春になると車での移動がふえ、公共交通機関に乗る機会がちょっとだけ減る。本を読む回数も減りそうである。かわりにPodcastを聴く時間が増える。まあそうなるだろうなと思っていたのだけれど、ちかごろはまだ冬なのに、本をあまり読んでいない。となれば春がきたらもっと読まなくなるだろう。
本を読まずに何をしているのか。かつて読んだマンガをKindleで再読してばかりいる。マンガも本だよ、とかいうツッコミもあるだろうが、何度も何度も読んだマンガ、実家にいけば全巻揃っているものをKindleで買い直したもの、というのは、なんだろう、本、というくくりの中にいれていいのかちょっと迷うところがある。
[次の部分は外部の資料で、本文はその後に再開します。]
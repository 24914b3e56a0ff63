-- ===== src/StringProcessor/Device.antt =====
-- The entry in /proc, the choice of the mode, and the module's life: exercise10/part03/rw.c and
-- sysfs_handler.c.
use embedded_basecamp.Prelude.{
  ℕ, ◌+◌, ◌-◌, ◌%◌, ◌^◌, Option, some, Bool, List, ltb, if◌then◌else◌, length, take,
}
use embedded_basecamp.Prelude.Int.{ℤ, pos, negsuc, eqb_ℤ}
use embedded_basecamp.Prelude.Partial.{◌>>=◌}
use embedded_basecamp.Bytes.{read_at, laid}
use embedded_basecamp.StringProcessor.{
  ConversionMode, none_conversion, flip, uppercase, buffer_size,
}
use embedded_basecamp.StringProcessor.Convert.{
  reverse_string_words, to_upper_string, copy_string_to_output,
}

-- The global variables: `processing` says whether string_processing_buffer is allocated, and
-- `callback_set` whether on_conversion_mode_changed_cb is handle_conversion_mode_changed.
pub record Converter : Type 0 where
  pub active_conversion_mode : ConversionMode
  pub proc_buffer_in : List ℕ
  pub proc_buffer_out : List ℕ
  pub proc_msg_length : ℕ
  pub proc_msg_read_pos : ℕ
  pub processing : Bool
  pub callback_set : Bool
  pub buf_msg : List ℕ

-- What is left of the message, with the wrap-around of `size_t`.
abbrev pub unread : Converter → ℕ
unread d = (d.proc_msg_length + 2 ^ 64 - d.proc_msg_read_pos) % 2 ^ 64

-- `left` is what copy_to_user returns. The bytes are those that reach the caller.
unfoldable pub procfs_read_callback :
    (length left : ℕ) → Converter → Option (ℕ × List ℕ × Converter)
procfs_read_callback length left d = do
  let n = (if ltb (unread d) length then unread d else length) - left
  bytes ← read_at d.proc_buffer_out d.proc_msg_read_pos n
  some (n, bytes, record d { proc_msg_read_pos = (d.proc_msg_read_pos + n) % 2 ^ 64 })

module _ (toupper : ℕ → ℕ) where
  -- The switch at the end of procfs_write_callback: the new bytes of proc_buffer_out.
  unfoldable pub convert : ConversionMode → Converter → Option (List ℕ)
  convert none_conversion d = copy_string_to_output d.proc_buffer_in d.proc_buffer_out
  convert flip d = reverse_string_words d.processing d.proc_buffer_in d.proc_buffer_out
  convert uppercase d = to_upper_string toupper d.proc_buffer_in d.proc_buffer_out

  -- `message` is the caller's memory, `left` what copy_from_user returns.
  unfoldable pub procfs_write_callback :
      (message : List ℕ) (left : ℕ) → Converter → Option (ℕ × Converter)
  procfs_write_callback message left d = do
    let msg_length = if ltb buffer_size (length message) then buffer_size else length message
    let d1 = record d {
      proc_buffer_in = laid (take (msg_length - left) message) d.proc_buffer_in;
      proc_msg_length = msg_length - left;
      proc_msg_read_pos = 0;
    }
    out ← convert d.active_conversion_mode d1
    some (length message, record d1 { proc_buffer_out = out })

-- convertToEnum: what it leaves in a variable that is NoneConversion, for the value parsed. An
-- out-of-range value leaves it.
unfoldable pub convert_to_enum : ℤ → ConversionMode
convert_to_enum value =
    if eqb_ℤ value (pos 1)
    then flip
    else (if eqb_ℤ value (pos 2) then uppercase else none_conversion)

-- -EIO
abbrev pub eio : ℤ
eio = negsuc 4

abbrev pub len_msg : ℕ
len_msg = 15

-- `kstrtos32` is the kernel's parser: what it leaves in a variable that is 0. The text holds no 0, so
-- strncpy copies all of it.
unfoldable pub conv_conf_store :
    (kstrtos32 : List ℕ → ℤ) → (text : List ℕ) → Converter → ℤ × Converter
conv_conf_store kstrtos32 text d =
    let mode = convert_to_enum (kstrtos32 text) in
    let d1 = record d { buf_msg = text } in
    if ltb len_msg (length text) then (eio, d) else (
      pos (length text),
      if d.callback_set then record d1 { active_conversion_mode = mode } else d1,
    )

unfoldable pub conv_conf_show : Converter → List ℕ
conv_conf_show d = d.buf_msg

unfoldable pub register_on_conversion_mode_changed_cb : Bool → Converter → Converter
register_on_conversion_mode_changed_cb callback d = record d { callback_set = callback }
とりあえず、新刊とか未読の本を入手して、サラの状態から読むということをこの冬はほとんどしていない。ドラゴンボール全巻、からくりサーカス全巻、日常にまぎれこませるように、毎日短時間ずつ、断片的に読み進める、ひとつの完結作品を読み終えるのに、軽く2週間くらいかかる。この間、ほかの本はまず読まない。この冬、そうやって昔のマンガばかり読んでいた。いちおう、いくつか新しい本を買ってはみたのだけれど、あまり当たりと思える本がなかった。昨年末から2月にかけて、私がmixi2の新刊書評コミュニティに投稿したマンガ以外の本は、映画評論家の松崎さんが書いた『アカデミー賞入門』だけ。もう少し読んだほうがいいとは知っていた。そのほうが成長できるとかなにかになれるというのではなくて、そのほうが私のトータルとしてのストレスが低くなる。トータルでうまくいかなかったなと思う。じわり、じわりときしみが始まっている。
夜中、鼻の奥の、鼻と喉の交差点のあたりが腫れ始めた。昼からすこし気配があり、ああ、これは5年とか10年くらいにいちど私がかかるタイプの風邪だなとピンとくる。寝ている間、乾燥した空気を吸ったり吐いたりすると直撃する場所、ばんばん腫れてつばが飲み込めなくなるから、口の中がびしょびしょになる。寝ている間中ずっと、明日は地獄だな、ここから熱が出るのかなと気分が散逸していく、その心配も加わって、眠りが浅くなる。ただ、この症状はたまに経験する、記憶がある、だから今回はこの夜の時点で、私の場合の最適解と思われる「葛根湯の顆粒を推奨量の2倍ほど空きっ腹に流し込む」を試した。寝て起きる。すこしだけ喉がよくなっている。腫れの原因が撲滅されたとはあまり思わないが、粘膜における水分の出し入れのバランスがよくなったのか、腫れそのものは微妙に引いた気がする。まだ痛いことは痛い、けれども起きていろいろと準備をし、おそるおそる茶漬けを流し込んでみると、あまり気にならない。ヨーグルトも食えた。出勤するころには喉の痛みは無視できるくらいにはおさまっていた。全身が痛くなりそうな予感だけがあるのだけれど、熱は上がらない。通勤カバンのなかに葛根湯と龍角散ダイレクトを二袋ずつ入れる。
葛根湯の倍量服用が、人体にとっていいことなのかどうかはわからない。「嫌なことがあったら酒を飲んで忘れる」なみに、トータルでみるとよくないことをして気をそらしている。ただ、この、「トータルでみると」というのが、人生においてはいわゆる浅知恵なのではないか、という発想が、今、この文章を書いている間に静かに私の中に運ばれてきた。トータルでみてはいけないのではないか。みるなら局所に限るのではないか。みるならクローズアップが望ましいのではないか。ロングショットはにおわせ画像と一緒だ。その画角でその光景をまとめて扱っていることに対し、観察する側の意識がフレームの中でどうしても偏る、その偏りをコントロールすることがロングショットの画像に商品価値を与える、つまりロングショットというのはクローズアップのいち手法に過ぎないのだ。ほんとうに現象のトータルをまるごと撮影してしまったら、それは一周回って「完結した作品をあとから一言で語る」ような無粋なことになる。私は、トータルでなにかを見てはつまらない。ただ、葛根湯の倍量投与は、トータルでプラスとかマイナスとかいう以前に、今日という一日、この一瞬、私の体に対して、相撲取りの分厚い掌で頬やまぶたの皮の部分をごしごし圧迫するような、それくらいにしとけよ、というような圧をかけている気もして、少なくとも一般の方々にあまり気軽におすすめしてよい内容ではない気もする。